◆ **Work request**: Go through the entries below and return every line that contains "timestamp".

◆ **Data for this task**:
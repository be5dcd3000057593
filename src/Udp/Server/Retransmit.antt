-- ===== src/Udp/Server/Retransmit.antt =====
-- `handleRetransmissions` of src/network/reliable_udp.cpp: what becomes of an unacknowledged packet.
use zero_latency_yolo.Base.{
  ℕ, ◌+◌, ◌%◌, ◌≤◌, ◌<◌, ◌≡◌, refl, ap, subst, sym, ◌∙◌, Bool, true, false, List, [], ◌∷◌, ◌++◌,
  Option, none, some, arith, length, ◌==◌, ◌||◌, ltb, leb, if◌then◌else◌, sub64, Bool-cases, inl,
  inr,
}
use zero_latency_yolo.Base.Table.{lookup, Keys, Absent, lookup-Absent}
use zero_latency_yolo.Udp.{ReliableUdpConfig, ClientConnection, PacketAckInfo}
use zero_latency_yolo.Udp.Connection.{handle_packet_loss}
use zero_latency_yolo.Udp.Server.{Stats, Effect}
use zero_latency_yolo.Udp.Server.Manage.{
  Pass, lose, retried, retransmit_packet, retransmit_packets, retransmit_client,
}
use zero_latency_yolo.Udp.Server.Sweep.{member, member-append, lookup-erase_all, Keys-erase_all}

-- A loss does not change the timeout.
timeout-lose :
    (config : ReliableUdpConfig) (first : Bool) (c : ClientConnection)
    → (lose config first c).retransmission_timeout_ms ≡ c.retransmission_timeout_ms
unfolding lose handle_packet_loss
timeout-lose config first c = ground arith

-- What a pass with the timeout `rto` makes of a packet, and whether it drops it.
abbrev pub sent_again : ℕ → ReliableUdpConfig → ℕ → PacketAckInfo → PacketAckInfo
sent_again rto config now p =
    if ltb rto (sub64 now p.timestamp)
    then if leb config.max_retries p.retries then p else retried p now
    else p

abbrev pub dropped : ℕ → ReliableUdpConfig → ℕ → PacketAckInfo → Bool
dropped rto config now p =
    if ltb rto (sub64 now p.timestamp) then leb config.max_retries p.retries else false

retransmit_packet_lem :
    (config : ReliableUdpConfig) (now seq : ℕ) (p : PacketAckInfo) (pass : Pass)
    → let rto = pass.client.retransmission_timeout_ms in
      let (p', pass') = retransmit_packet config now seq p pass in
      (p' ≡ sent_again rto config now p)
      × (pass'.expired
          ≡ (if dropped rto config now p then pass.expired ++ seq ∷ [] else pass.expired))
      × (pass'.client.retransmission_timeout_ms ≡ rto)
unfolding retransmit_packet
retransmit_packet_lem config now seq p pass = ground (
  arith,
  timeout-lose config true pass.client,
  timeout-lose config ((retried p now).retries == 1) pass.client,
)

Absent-retransmit_packets :
    (config : ReliableUdpConfig) (now k : ℕ) (m : List (ℕ × PacketAckInfo)) (pass : Pass)
    → Absent k m
    → Absent k (retransmit_packets config now m pass).0
unfolding retransmit_packets
Absent-retransmit_packets config now k [] pass h = tt
Absent-retransmit_packets config now k ((j, p) ∷ m) pass h =
    (h.0, Absent-retransmit_packets config now k m (retransmit_packet config now j p pass).1 h.1)

pub Keys-retransmit_packets :
    (config : ReliableUdpConfig) (now : ℕ) (m : List (ℕ × PacketAckInfo)) (pass : Pass)
    → Keys m
    → Keys (retransmit_packets config now m pass).0
unfolding retransmit_packets
Keys-retransmit_packets config now [] pass h = tt
Keys-retransmit_packets config now ((j, p) ∷ m) pass h =
    let pass' = (retransmit_packet config now j p pass).1 in
    (
      Absent-retransmit_packets config now j m pass' h.0,
      Keys-retransmit_packets config now m pass' h.1,
    )

-- The entry of a packet after the loop, and whether it is dropped.
abbrev entry_after : ℕ → ReliableUdpConfig → ℕ → Option PacketAckInfo → Option PacketAckInfo
entry_after rto config now none = none
entry_after rto config now (some p) = some (sent_again rto config now p)

abbrev entry_dropped : ℕ → ReliableUdpConfig → ℕ → Option PacketAckInfo → Bool
entry_dropped rto config now none = false
entry_dropped rto config now (some p) = dropped rto config now p

retransmit_packets_lem :
    (config : ReliableUdpConfig) (now seq : ℕ) (m : List (ℕ × PacketAckInfo)) (pass : Pass)
    → Keys m
    → let rto = pass.client.retransmission_timeout_ms in
      let (m', done) = retransmit_packets config now m pass in
      (lookup seq m' ≡ entry_after rto config now (lookup seq m))
      × (member seq done.expired
          ≡ (member seq pass.expired || entry_dropped rto config now (lookup seq m)))
unfolding retransmit_packets lookup
retransmit_packets_lem config now seq [] pass h = ground arith
retransmit_packets_lem config now seq ((j, p) ∷ m) pass h =
    let pass' = (retransmit_packet config now j p pass).1 in
    ground (
      arith,
      retransmit_packet_lem config now j p pass,
      retransmit_packets_lem config now seq m pass' h.1,
      member-append seq pass.expired (j ∷ []),
      lookup-Absent j m h.0,
    )

timeout-retransmit_packets :
    (config : ReliableUdpConfig) (now : ℕ) (m : List (ℕ × PacketAckInfo)) (pass : Pass)
    → (retransmit_packets config now m pass).1.client.retransmission_timeout_ms
      ≡ pass.client.retransmission_timeout_ms
unfolding retransmit_packets
timeout-retransmit_packets config now [] pass = refl
timeout-retransmit_packets config now ((j, p) ∷ m) pass =
    timeout-retransmit_packets config now m (retransmit_packet config now j p pass).1
    ∙ (retransmit_packet_lem config now j p pass).2

-- What a pass makes of a packet: one that is not overdue stays; an overdue one counts one more retry,
-- in eight bits, and waits again from now, or is given up when it has been tried often enough.
abbrev pub packet_after : ℕ → ReliableUdpConfig → ℕ → Option PacketAckInfo → Option PacketAckInfo
packet_after rto config now none = none
packet_after rto config now (some p) =
    if ltb rto (sub64 now p.timestamp)
    then if leb config.max_retries p.retries
      then none
      else some (record p { retries = (p.retries + 1) % 256; timestamp = now })
    else some p

-- Where no two waiting packets of a client have the same number, a pass over the client treats each
-- by itself: one that has not waited longer than the client's timeout stays as it is, one that has is
-- given up when it has been tried `max_retries` times, and otherwise counts one more retry and waits
-- again from now.
pub lookup-retransmit_client :
    (config : ReliableUdpConfig) (now seq : ℕ) (c : ClientConnection) (stats : Stats)
    (effects : List Effect)
    → Keys c.unacked_packets
    → lookup seq (retransmit_client config now c stats effects).0.unacked_packets
      ≡ packet_after c.retransmission_timeout_ms config now (lookup seq c.unacked_packets)
unfolding retransmit_client retried
lookup-retransmit_client config now seq c stats effects h =
    let pass : Pass = record { client = c; expired = []; stats = stats; effects = effects } in
    let (m', done) = retransmit_packets config now c.unacked_packets pass in
    ground (
      arith,
      retransmit_packets_lem config now seq c.unacked_packets pass h,
      lookup-erase_all seq done.expired m' (Keys-retransmit_packets config now _ pass h),
    )

pub Keys-retransmit_client :
    (config : ReliableUdpConfig) (now : ℕ) (c : ClientConnection) (stats : Stats)
    (effects : List Effect)
    → Keys c.unacked_packets
    → Keys (retransmit_client config now c stats effects).0.unacked_packets
unfolding retransmit_client
Keys-retransmit_client config now c stats effects h =
    let pass : Pass = record { client = c; expired = []; stats = stats; effects = effects } in
    Keys-erase_all _ _ (Keys-retransmit_packets config now c.unacked_packets pass h)

timeout-retransmit_client :
    (config : ReliableUdpConfig) (now : ℕ) (c : ClientConnection) (stats : Stats)
    (effects : List Effect)
    → (retransmit_client config now c stats effects).0.retransmission_timeout_ms
      ≡ c.retransmission_timeout_ms
unfolding retransmit_client
timeout-retransmit_client config now c stats effects =
    timeout-retransmit_packets config now c.unacked_packets
      (record { client = c; expired = []; stats = stats; effects = effects })

-- Passes at the given times.
abbrev pub passes :
    ReliableUdpConfig → List ℕ → ClientConnection → Stats → List Effect → ClientConnection
passes config [] c stats effects = c
passes config (now ∷ times) c stats effects =
    let (c', stats', effects') = retransmit_client config now c stats effects in
    passes config times c' stats' effects'

-- Each time is more than the timeout after the one before it.
abbrev pub Spaced : ℕ → ℕ → List ℕ → Type 0
Spaced rto last [] = Unit
Spaced rto last (now ∷ times) = (rto < sub64 now last) × Spaced rto now times

passes_absent :
    (config : ReliableUdpConfig) (seq : ℕ) (times : List ℕ) (c : ClientConnection) (stats : Stats)
    (effects : List Effect)
    → Keys c.unacked_packets
    → lookup seq c.unacked_packets ≡ none
    → lookup seq (passes config times c stats effects).unacked_packets ≡ none
passes_absent config seq [] c stats effects h e = e
passes_absent config seq (now ∷ times) c stats effects h e =
    passes_absent config seq times _ _ _ (Keys-retransmit_client config now c stats effects h) (
      lookup-retransmit_client config now seq c stats effects h
      ∙ ap (packet_after c.retransmission_timeout_ms config now) e)

-- A packet that is never acknowledged is given up: where no two waiting packets of the client have
-- the same number, and this one has not been tried more than `max_retries` times (a number below
-- 256), it is gone after as many passes as it has retries left, and one more, if each pass comes more
-- than the timeout after the one before it, and the first after the packet was sent.
pub passes_give_up :
    (config : ReliableUdpConfig) (seq : ℕ) (times : List ℕ) (c : ClientConnection) (stats : Stats)
    (effects : List Effect) (p : PacketAckInfo)
    → config.max_retries < 256
    → p.retries ≤ config.max_retries
    → Keys c.unacked_packets
    → lookup seq c.unacked_packets ≡ some p
    → Spaced c.retransmission_timeout_ms p.timestamp times
    → config.max_retries < p.retries + length times
    → lookup seq (passes config times c stats effects).unacked_packets ≡ none
unfolding retried
passes_give_up config seq [] c stats effects p hm hr h e spaced enough = ground arith
passes_give_up config seq (now ∷ times) c stats effects p hm hr h e spaced enough =
    elim (Bool-cases (leb config.max_retries p.retries)) [
      | inl last ↦
          passes_absent config seq times _ _ _ (Keys-retransmit_client config now c stats effects h)
            (lookup-retransmit_client config now seq c stats effects h
              ∙ ground (arith, spaced.0, e, last))
      | inr more ↦
          passes_give_up config seq times _ _ _ (retried p now) hm (ground (arith, more))
            (Keys-retransmit_client config now c stats effects h)
            (lookup-retransmit_client config now seq c stats effects h
              ∙ ground (arith, spaced.0, e, more))
            (subst (λ rto. Spaced rto now times)
              (sym (timeout-retransmit_client config now c stats effects)) spaced.1)
            (ground (arith, more, enough))
    ]

-- A pass leaves a client its address.
address-retransmit_packets :
    (config : ReliableUdpConfig) (now : ℕ) (m : List (ℕ × PacketAckInfo)) (pass : Pass)
    → (retransmit_packets config now m pass).1.client.address ≡ pass.client.address
unfolding retransmit_packets retransmit_packet lose handle_packet_loss
address-retransmit_packets config now [] pass = refl
address-retransmit_packets config now ((j, p) ∷ m) pass =
    address-retransmit_packets config now m (retransmit_packet config now j p pass).1 ∙ ground arith

pub address-retransmit_client :
    (config : ReliableUdpConfig) (now : ℕ) (c : ClientConnection) (stats : Stats)
    (effects : List Effect)
    → (retransmit_client config now c stats effects).0.address ≡ c.address
unfolding retransmit_client
address-retransmit_client config now c stats effects =
    address-retransmit_packets config now c.unacked_packets
      (record { client = c; expired = []; stats = stats; effects = effects })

◆ **Finished exercise**:
    if ltb rto (sub64 now p.timestamp)
    if ltb rto (sub64 now p.timestamp) then leb config.max_retries p.retries else false
    if ltb rto (sub64 now p.timestamp)
      else some (record p { retries = (p.retries + 1) % 256; timestamp = now })
    → Spaced c.retransmission_timeout_ms p.timestamp times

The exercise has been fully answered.